The Fed still has room on the inflation side, although likely not much if the data holds up next month. Core PCE released today is running around 1.8%. So, still missing the Fed’s target but not by much and trending slightly higher.
In general, the data still presents consistent with the theme of late: manufacturing weak and consumer still holding up. Keep in mind, data now means global data short-term. So, focus still on data abroad and the outcome of the trade discussions in the coming weeks for Fed pricing.
Conversely, article this week from Chicago Fed President Evans. Evans has been on the dovish side, while expressing views this week the Fed is in a good place after two cuts this year. Open to more, yet sounding very much like he’s done for 2019.
Current pricing of a 50% chance of another 25-basis point cut in October seems rational all things considered. The next few weeks will offer more as we get closer to the meeting.
With the short-term distortions in the US funding market less, the long end of the US curve is looking for a new catalyst. Given the most recent price action (August-September), we are viewing the broader range in 10-year notes to be 1.50-2.00%.
In general, we still feel the bigger driver in rates will be potential for real, substantive progress on the trade front. Not going to be a complete deal, but real progress needed.

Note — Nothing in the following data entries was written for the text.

-- ===== src/Abi/Memory/Words.antt =====
-- internal/abi/memory.go: little-endian numbers and byte strings in a memory, put and read back.
use component_model.Prelude.{
  ℕ, zero, suc, ◌+◌, ◌/◌, ◌%◌, ◌^◌, ◌≤◌, ◌<◌, ◌≡◌, ◌⊎◌, inl, refl, ap, ◌∙◌, arith, List, [], ◌∷◌,
  ◌==◌, if◌then◌else◌, length,
}
use native.Mathlib.Nat.{pow-suc}
use component_model.Abi.Memory.{little_endian, put_little_endian, bytes_of, copy_bytes}

-- Outside its range a write changes nothing.
pub put_little_endian-outside :
    (n p v : ℕ) (byte : ℕ → ℕ) (k : ℕ)
    → (k < p) ⊎ (p + n ≤ k)
    → put_little_endian n p v byte k ≡ byte k
unfolding put_little_endian
put_little_endian-outside zero p v byte k h = refl
put_little_endian-outside (suc n) p v byte k h =
    put_little_endian-outside n (p + 1) (v / 256) _ k (grind arith) ∙ ground arith

pub copy_bytes-outside :
    (p : ℕ) (bs : List ℕ) (byte : ℕ → ℕ) (k : ℕ)
    → (k < p) ⊎ (p + length bs ≤ k)
    → copy_bytes p bs byte k ≡ byte k
unfolding copy_bytes
copy_bytes-outside p [] byte k h = refl
copy_bytes-outside p (b ∷ bs) byte k h =
    copy_bytes-outside (p + 1) bs _ k (grind arith) ∙ ground arith

-- What is read depends on the bytes of the range alone.
pub little_endian-agree :
    (n p : ℕ) (byte byte' : ℕ → ℕ)
    → ((k : ℕ) → p ≤ k → k < p + n → byte k ≡ byte' k)
    → little_endian n byte p ≡ little_endian n byte' p
unfolding little_endian
little_endian-agree zero p byte byte' same = refl
little_endian-agree (suc n) p byte byte' same =
    let first = same p (omega arith) (omega arith) in
    let rest =
      little_endian-agree n (p + 1) byte byte'
        (λ k above below. same k (omega arith) (omega arith)) in
    omega (arith, first, rest)

pub bytes_of-agree :
    (n p : ℕ) (byte byte' : ℕ → ℕ)
    → ((k : ℕ) → p ≤ k → k < p + n → byte k ≡ byte' k)
    → bytes_of byte p n ≡ bytes_of byte' p n
unfolding bytes_of
bytes_of-agree zero p byte byte' same = refl
bytes_of-agree (suc n) p byte byte' same =
    let first = same p (omega arith) (omega arith) in
    let rest =
      bytes_of-agree n (p + 1) byte byte' (λ k above below. same k (omega arith) (omega arith)) in
    ap (λ b. b ∷ bytes_of byte (p + 1) n) first ∙ ap (λ bs. byte' p ∷ bs) rest

-- A number that was put is read back, as much of it as the bytes hold.
pub little_endian-put_little_endian :
    (n p v : ℕ) (byte : ℕ → ℕ) → v < 256 ^ n → little_endian n (put_little_endian n p v byte) p ≡ v
unfolding little_endian put_little_endian
little_endian-put_little_endian zero p v byte h = omega arith
little_endian-put_little_endian (suc n) p v byte h =
    let put = λ (k : ℕ). if k == p then v % 256 else byte k in
    let here : put p ≡ v % 256 = ground arith in
    let first = put_little_endian-outside n (p + 1) (v / 256) put p (inl (omega arith)) ∙ here in
    let rest =
      little_endian-put_little_endian n (p + 1) (v / 256) put (omega (arith, pow-suc 256 n)) in
    omega (arith, first, rest)

pub bytes_of-copy_bytes :
    (p : ℕ) (bs : List ℕ) (byte : ℕ → ℕ) → bytes_of (copy_bytes p bs byte) p (length bs) ≡ bs
unfolding bytes_of copy_bytes
bytes_of-copy_bytes p [] byte = refl
bytes_of-copy_bytes p (b ∷ bs) byte =
    let put = λ (k : ℕ). if k == p then b else byte k in
    let here : put p ≡ b = ground arith in
    let first = copy_bytes-outside (p + 1) bs put p (inl (omega arith)) ∙ here in
    ap (λ c. c ∷ bytes_of (copy_bytes (p + 1) bs put) (p + 1) (length bs)) first
    ∙ ap (λ cs. b ∷ cs) (bytes_of-copy_bytes (p + 1) bs put)

-- Of a number that is too large the low bytes are put.
pub little_endian-put_one :
    (p v : ℕ) (byte : ℕ → ℕ) → little_endian 1 (put_little_endian 1 p v byte) p ≡ v % 256
unfolding little_endian put_little_endian
little_endian-put_one p v byte =
    let put = λ (k : ℕ). if k == p then v % 256 else byte k in
    let here : put p ≡ v % 256 = ground arith in omega (arith, here)

pub little_endian-put_two :
    (p v : ℕ) (byte : ℕ → ℕ) → little_endian 2 (put_little_endian 2 p v byte) p ≡ v % 256 ^ 2
unfolding little_endian put_little_endian
little_endian-put_two p v byte =
    let put = λ (k : ℕ). if k == p then v % 256 else byte k in
    let here : put p ≡ v % 256 = ground arith in
    let first = put_little_endian-outside 1 (p + 1) (v / 256) put p (inl (omega arith)) in
    let second = little_endian-put_one (p + 1) (v / 256) put in omega (arith, here, first, second)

“And progress on the trade front can very well still coincide with more Fed easing. The global data is still very weak and damage has already been done.”
Powell was very clear the Fed will be watching the data closely and that includes global. In other words, this doesn’t have to be an outcome where the trade war subsides and central bank liquidity immediately ends. We have no doubt the Fed would factor it in, but again Powell was clear China is not the only variable.
In general, 10-year notes continue to gravitate toward 1.70%. From a directional basis, levels don’t offer much but we suspect over the next few weeks a reason will surface to make a run at one of the broader range levels (1.50/1.90) Looking at the yield curve, the same story: very stable.
The market is looking for the next catalyst. And as we move into October the trade negotiations, impeachment developments, Brexit and global data will provide a new catalyst for the next move to the range extremes. And right now it feels like 1.50% will be the winner in 10-year space.